Они молчали. Ганя по-прежнему сидела в кресле, а старик лежал у ее ног, обняв колени дочери, и с неясностью смотрел на ее страдальческое лицо.
– Ах, я дурак старый, злодей своего дитяти, – шептал Тимофей Тимофеевич, – и как мог я допустить это, где были глаза у меня, что сталось с рассудком? О, горе извергу!! Я жестоко отомщу за поругание твое, дочь моя!!
Он почти угадывал истину, хотя Ганя ничего еще не сказала ему. Этот изнуренный вид, следы побоев, потухший взор, худоба – все это говорило красноречиво о пережитом. Никакая болезнь не может сделать такой перемены. Здесь, очевидно, кроме физических, были жестокие нравственные страдания, душевные муки. Тимофей Тимофеевич вспомнил, с каким упорством зять не хотел привести к нему жену и согласился только тогда, когда он неожиданно сам собрался идти к ним. Вспомнил он неопределенные, уклончивые ответы зятя относительно болезни Гани: ему удалось однажды уловить магический взгляд Ивана Степановича, брошенный на жену, которая сразу испуганно притихла. Все то, на что он прежде не обращал внимания, теперь представлялось ему ясным доказательством истинной причины увядания дочери.

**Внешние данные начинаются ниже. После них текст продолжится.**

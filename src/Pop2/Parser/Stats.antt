-- ===== src/Pop2/Parser/Stats.antt =====
-- The lines of numbers: the answer to STAT, and the items of the listings of LIST and UIDL.
use getemail.Base.{ℕ, ◌≤◌, Bool, [], ◌∷◌, ◌++◌, Bytes, arith, IsLine, length}
use getemail.Base.Decimal.{is_digit}
use getemail.Pop2.Response.{Response}
use getemail.Pop2.Nom.{Nom}
use getemail.Pop2.Nom.Laws.{LawfulPrimitives, LawfulCombinators, is_space}
use getemail.Pop2.Parser.Rfc1939.{new_number, stat, stat_response}
use getemail.Pop2.Parser.Streams.{Streams, Streams-bind, Streams-map}
use getemail.Pop2.Parser.Primitives.{All, StopsAt}
use getemail.Pop2.Parser.Lines.{crlf, Streams-line, Streams-space1, Streams-digit1}

-- At least one byte, and all of one kind.
abbrev pub Some : (ℕ → Bool) → Bytes → Type 0
Some p [] = ⊥
Some p (c ∷ cs) = All p (c ∷ cs)

pub All-Some : (p : ℕ → Bool) (bs : Bytes) → Some p bs → All p bs
All-Some p [] h = absurd h
All-Some p (b ∷ bs) h = h

pub length-Some : (p : ℕ → Bool) (bs : Bytes) → Some p bs → 1 ≤ length bs
length-Some p [] h = absurd h
length-Some p (b ∷ bs) h = omega arith

-- What may stand behind the numbers: nothing, or a text that does not prolong the last one.
abbrev pub IsExtra : Bytes → Type 0
IsExtra extra = IsLine extra × StopsAt is_digit (extra ++ crlf)

pub space_stops :
    (spaces rest tail : Bytes) → Some is_space spaces → StopsAt is_digit ((spaces ++ rest) ++ tail)
space_stops [] rest tail h = absurd h
space_stops (c ∷ spaces) rest tail h = ground arith

pub digit_stops :
    (digits rest tail : Bytes) → Some is_digit digits → StopsAt is_space ((digits ++ rest) ++ tail)
digit_stops [] rest tail h = absurd h
digit_stops (d ∷ digits) rest tail h = ground arith

pub crlf_stops :
    (p : ℕ → Bool) (text tail : Bytes)
    → StopsAt p (text ++ crlf)
    → StopsAt p ((text ++ crlf) ++ tail)
crlf_stops p [] tail h = h
crlf_stops p (c ∷ text) tail h = h

unfoldable pub line_of : Bytes → Bytes → Bytes → Bytes → Bytes
line_of count spaces size extra = count ++ (spaces ++ (size ++ (extra ++ crlf)))

module _ (nom : Nom) (prims : LawfulPrimitives nom) (combs : LawfulCombinators nom) where
  pub Streams-number :
      (digits tail : Bytes)
      → Some is_digit digits
      → StopsAt is_digit tail
      → Streams nom.digit1 digits tail digits
  Streams-number [] tail h stop = absurd h
  Streams-number (d ∷ digits) tail h stop = Streams-digit1 nom prims combs d digits tail h stop

  pub Streams-spaces :
      (spaces tail : Bytes)
      → Some is_space spaces
      → StopsAt is_space tail
      → Streams nom.space1 spaces tail spaces
  Streams-spaces [] tail h stop = absurd h
  Streams-spaces (c ∷ spaces) tail h stop = Streams-space1 nom prims combs c spaces tail h stop

  pub Streams-stat :
      (count spaces size extra tail : Bytes)
      → Some is_digit count
      → Some is_space spaces
      → Some is_digit size
      → IsExtra extra
      → Streams
          (stat nom)
          (line_of count spaces size extra)
          tail
          (record { message_count = new_number count; size = new_number size })
  unfolding stat line_of
  Streams-stat count spaces size extra tail c sp n x =
      Streams-bind nom.digit1 _ count (spaces ++ (size ++ (extra ++ crlf))) tail count _
        (Streams-number count ((spaces ++ (size ++ (extra ++ crlf))) ++ tail) c
          (space_stops spaces _ tail sp))
        (Streams-bind nom.space1 _ spaces (size ++ (extra ++ crlf)) tail spaces _
          (Streams-spaces spaces ((size ++ (extra ++ crlf)) ++ tail) sp (digit_stops size _ tail n))
          (Streams-bind nom.digit1 _ size (extra ++ crlf) tail size _
            (Streams-number size ((extra ++ crlf) ++ tail) n (crlf_stops is_digit extra tail x.1))
            (Streams-line nom prims combs
              (λ _. record { message_count = new_number count; size = new_number size }) extra tail
              x.0)))

  pub Streams-stat_response :
      (count spaces size extra tail : Bytes)
      → Some is_digit count
      → Some is_space spaces
      → Some is_digit size
      → IsExtra extra
      → Streams
          (stat_response nom)
          (line_of count spaces size extra)
          tail
          (Response.stat (record { message_count = new_number count; size = new_number size }))
  unfolding stat_response
  Streams-stat_response count spaces size extra tail c sp n x =
      Streams-map (stat nom) Response.stat (Streams-stat count spaces size extra tail c sp n x)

«А я-то сам, – думал старик, – разве я не подчинился ему и не сделался жестоким? Зачем я почти насильно заставил Ганю идти за него замуж? Как мог я уволить без повода, причины и даже объяснения моего старого верного слугу Степанова, чего ради я сократил всем рабочим плату, ввел суровые штрафы? Что мне, больше барыша захотелось? Сколько слез и горя причинил я всем своим служащим, и в результате сам должен был наполовину сократить производство, терпеть убытки. Кто был моим коварным советчиком? Кто искал слез людских?»